Although we used the multi-class tumor classification problem as our test case, our major goal was to illustrate the feasibility of the normalization free SED approach, and not in sample classification *per se*. Therefore, we chose the algorithms NB and NN for their simplicity and not for their performance in solving this specific problem. The performance of a classifier depends, in this case, mainly on the power of its algorithm, and the data representation it used. From a machine learning perspective, one can simply view the intensity -> SED transformation as a change in data representation, a mapping from the gene's attribute, intensity x, to some features SED. It was our goal to demonstrate that the new features (SED and SED probability), in addition to being normalization free, still convey the essential information in the original attribute, the intensity x.
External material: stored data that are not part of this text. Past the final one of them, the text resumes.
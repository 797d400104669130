-- ===== src/Cycles/Marks.antt =====
-- The `visited` flags of a search stand for the vertices of its path.
use cycle_enumeration_gpu.Prelude.{
  ℕ, zero, suc, ◌+◌, ◌≤◌, ◌<◌, ◌≡◌, refl, Bool, true, false, List, [], ◌∷◌, some, if◌then◌else◌,
  length, mem, get_elem?, set, replicate, arith,
}

marks_from : ℕ → ℕ → List ℕ → List Bool
marks_from i zero path = []
marks_from i (suc n) path = mem i path ∷ marks_from (suc i) n path

-- The flags of a graph with `n` vertices in which those on `path` are set.
pub marks : ℕ → List ℕ → List Bool
marks n path = marks_from 0 n path

length-marks_from : (i n : ℕ) (path : List ℕ) → length (marks_from i n path) ≡ n
unfolding marks_from
length-marks_from i zero path = refl
length-marks_from i (suc n) path = omega (arith, length-marks_from (suc i) n path)

pub length-marks : (n : ℕ) (path : List ℕ) → length (marks n path) ≡ n
unfolding marks
length-marks n path = length-marks_from 0 n path

marks_from-below :
    (i n v : ℕ) (path : List ℕ) → v < i → marks_from i n (v ∷ path) ≡ marks_from i n path
unfolding marks_from
marks_from-below i zero v path h = refl
marks_from-below i (suc n) v path h = ground (arith, marks_from-below (suc i) n v path)

get-marks_from :
    (i n j : ℕ) (path : List ℕ)
    → j < n
    → get_elem? (marks_from i n path) j ≡ some (mem (i + j) path)
unfolding marks_from
get-marks_from i zero j path h = absurd (omega arith)
get-marks_from i (suc n) zero path h = let e : i + 0 ≡ i = omega arith in rw e
get-marks_from i (suc n) (suc j) path h =
    let e : i + suc j ≡ suc i + j = omega arith in
    rw e (get-marks_from (suc i) n j path (omega arith))

set-marks_from :
    (i n j : ℕ) (path : List ℕ) → set (marks_from i n path) j true ≡ marks_from i n ((i + j) ∷ path)
unfolding marks_from
set-marks_from i zero j path = refl
set-marks_from i (suc n) zero path =
    let e : i + 0 ≡ i = omega arith in rw e (ground (arith, marks_from-below (suc i) n i path))
set-marks_from i (suc n) (suc j) path =
    let e : i + suc j ≡ suc i + j = omega arith in
    ground (arith, e, set-marks_from (suc i) n j path)

unset-marks_from :
    (i n j : ℕ) (path : List ℕ)
    → mem (i + j) path ≡ false
    → set (marks_from i n ((i + j) ∷ path)) j false ≡ marks_from i n path
unfolding marks_from
unset-marks_from i zero j path h = refl
unset-marks_from i (suc n) zero path h =
    let e : i + 0 ≡ i = omega arith in rw e (ground (arith, e, marks_from-below (suc i) n i path))
unset-marks_from i (suc n) (suc j) path h =
    let e : i + suc j ≡ suc i + j = omega arith in
    ground (arith, e, unset-marks_from (suc i) n j path)

pub get-marks : (n v : ℕ) (path : List ℕ) → v < n → get_elem? (marks n path) v ≡ some (mem v path)
unfolding marks
get-marks n v path h = let e : 0 + v ≡ v = omega arith in rw e at (get-marks_from 0 n v path h)

pub set-marks : (n v : ℕ) (path : List ℕ) → set (marks n path) v true ≡ marks n (v ∷ path)
unfolding marks
set-marks n v path = let e : 0 + v ≡ v = omega arith in rw e at (set-marks_from 0 n v path)

pub unset-marks :
    (n v : ℕ) (path : List ℕ) → mem v path ≡ false → set (marks n (v ∷ path)) v false ≡ marks n path
unfolding marks
unset-marks n v path h =
    let e : 0 + v ≡ v = omega arith in rw e at (unset-marks_from 0 n v path (rw e h))

replicate-marks_from : (i n : ℕ) → replicate n false ≡ marks_from i n []
unfolding marks_from
replicate-marks_from i zero = refl
replicate-marks_from i (suc n) = rw (replicate-marks_from (suc i) n)

pub replicate-marks : (n : ℕ) → replicate n false ≡ marks n []
unfolding marks
replicate-marks n = replicate-marks_from 0 n

-- How many vertices below `n` are not on the path: what bounds the depth of a search.
pub spare : ℕ → List ℕ → ℕ
spare zero path = 0
spare (suc n) path = (if mem n path then 0 else 1) + spare n path

spare-above : (n v : ℕ) (path : List ℕ) → n ≤ v → spare n (v ∷ path) ≡ spare n path
unfolding spare
spare-above zero v path h = refl
spare-above (suc n) v path h = ground (arith, spare-above n v path)

pub spare-cons :
    (n v : ℕ) (path : List ℕ) → v < n → mem v path ≡ false → suc (spare n (v ∷ path)) ≡ spare n path
unfolding spare
spare-cons zero v path h new = absurd (omega arith)
spare-cons (suc n) v path h new = ground (arith, spare-above n v path, spare-cons n v path)

pub spare-nil : (n : ℕ) → spare n [] ≡ n
unfolding spare
spare-nil zero = refl
spare-nil (suc n) = omega (arith, spare-nil n)

pub spare_le : (n v : ℕ) (p : List ℕ) → spare n (v ∷ p) ≤ spare n p
unfolding spare
spare_le zero v p = omega arith
spare_le (suc n) v p = ground (arith, spare_le n v p)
Since the data representation is quite different between the intensity x (a real valued quantity) and SED (a binary valued vector of rather large size N), it is difficult to directly compare the two. No obvious yet non-trivial algorithms work with both representations; even if there were such an algorithm it is not clear that it would be the right one to use for comparison as it might well be the case that different data representation works best with different algorithms. Here, we have limited the presentation to some empirical results with SED representation, which are comparable with results using several different algorithms that are based directly on raw intensity [19, 20]. Our classification results are close to those obtained with WV and kNN methods, which are based on directly focusing on intensity levels. Previous results using SVM were significantly better, but we feel the differences are due more to the power of the algorithm [24] than the way information is coded. In fact, slightly more accurate results are obtained with modification of algorithms that directly manipulate intensity levels [25, 26]. We do not imply that the algorithms (NB and NN) we chose are better than other alternatives (and we do not have empirical evidence pointing either way). Instead, we fully expect more sophisticated algorithms would work better with the SED approach as well.

Certainly, SED probability is more information rich than SED. We expect that an SED probability based analysis would perform better than the simple binary valued SED. In this paper, we mainly tested the SED. SED probability is only used for a group of samples, not for single samples. If one limits oneself to use only raw data, then for single arrays one can only get SED. However, if some assumptions about the patterns of gene expression levels can be made, one can certainly get an estimation of SED probability even for a single array. For example, as in some nonlinear normalization algorithms, if one assumes that the variation of expression levels are similar for genes with similar expression levels, then one can estimate SED probability from a probability model. Also, the magnitude of the intensity difference can also be used to help such an estimation. Alternatively, as more and more microarray data become available, one can use other similar samples to get an estimation of a prior SED probability, and then use a Bayesian approach to estimate the sample's SED probability.

The obvious disadvantage of our SED based approach is that for each gene expression level, one is not dealing with a single real number but instead a vector of size N, where N is in the tens of thousands. This could significantly increase both computing time and memory requirement (however, see methods for details) On the other hand, it also has certain advantages: 1) It is free of normalization noise. Since it is generally believed that biological variation is larger than technical variation and normalization noise is just another source of technical variation, the benefit here is only of a limited scope. However, it may be important when the expression level difference one is interested in is small. 2) In addition to being normalization free, SED and SED probability also have the advantage in being distribution free, and therefore could perform better if the intensity levels were non-normal. 3) SED and SED probability are easier to interpret. SED values can easily be checked against raw intensity levels according to Eq. (1). While SED probability is one step further away from intensity levels, one could still have an intuitive sense of it and make comparisons between different experiments. It would be much harder to have a real grasp of the absolute gene expression level, except that it is "high" or "low" or somewhere "in between"; it is certainly harder to compare between experiments intuitively.

We have only tested the SED approach on datasets that are from the same chip format. Data from different chip formats or complete different technology platforms, of course, would be harder to compare. But they are also challenge for normalization based method. It would certainly be interesting to compare SED and normalization based method under these more challenging conditions.

If this normalization-free approach (SED) proves to retain the essential biological information in general, its application may be extended to meta-analysis where different datasets could be integrated and intervalidated. The method could also be used when the number of arrays is a limiting factor for experiments. For example, one could take advantage of the massive amount of public array data, obtain prior distribution of SED probabilities from datasets with similar conditions, and analyze new data within a Bayesian framework. If the performance of the nearest neighbor method in general is anywhere close to what we demonstrated in the multi tumor classifications here (as is clear from Eq. (3) and Fig. 3, the nearest neighbor method, without feature selection at least, allows direct sample vs. sample comparison. Note also that the samples in the multi tumor problems are from different biological specimens, therefore, large between-sample-variation is expected), it might be used as a microarray database query method, *i.e.*, to find similar microarray results in the database that are "similar" to one's own, independent of array annotations.

It might also be worth noting that the SED approach could easily be applied to other kinds of comparative data analysis for samples with very large numbers of "noisy" attributes. The SED approach may also perform better when between-sample-variation is large, especially if such variation contains some rather uninteresting technical measurement errors that would not affect within-sample-variations.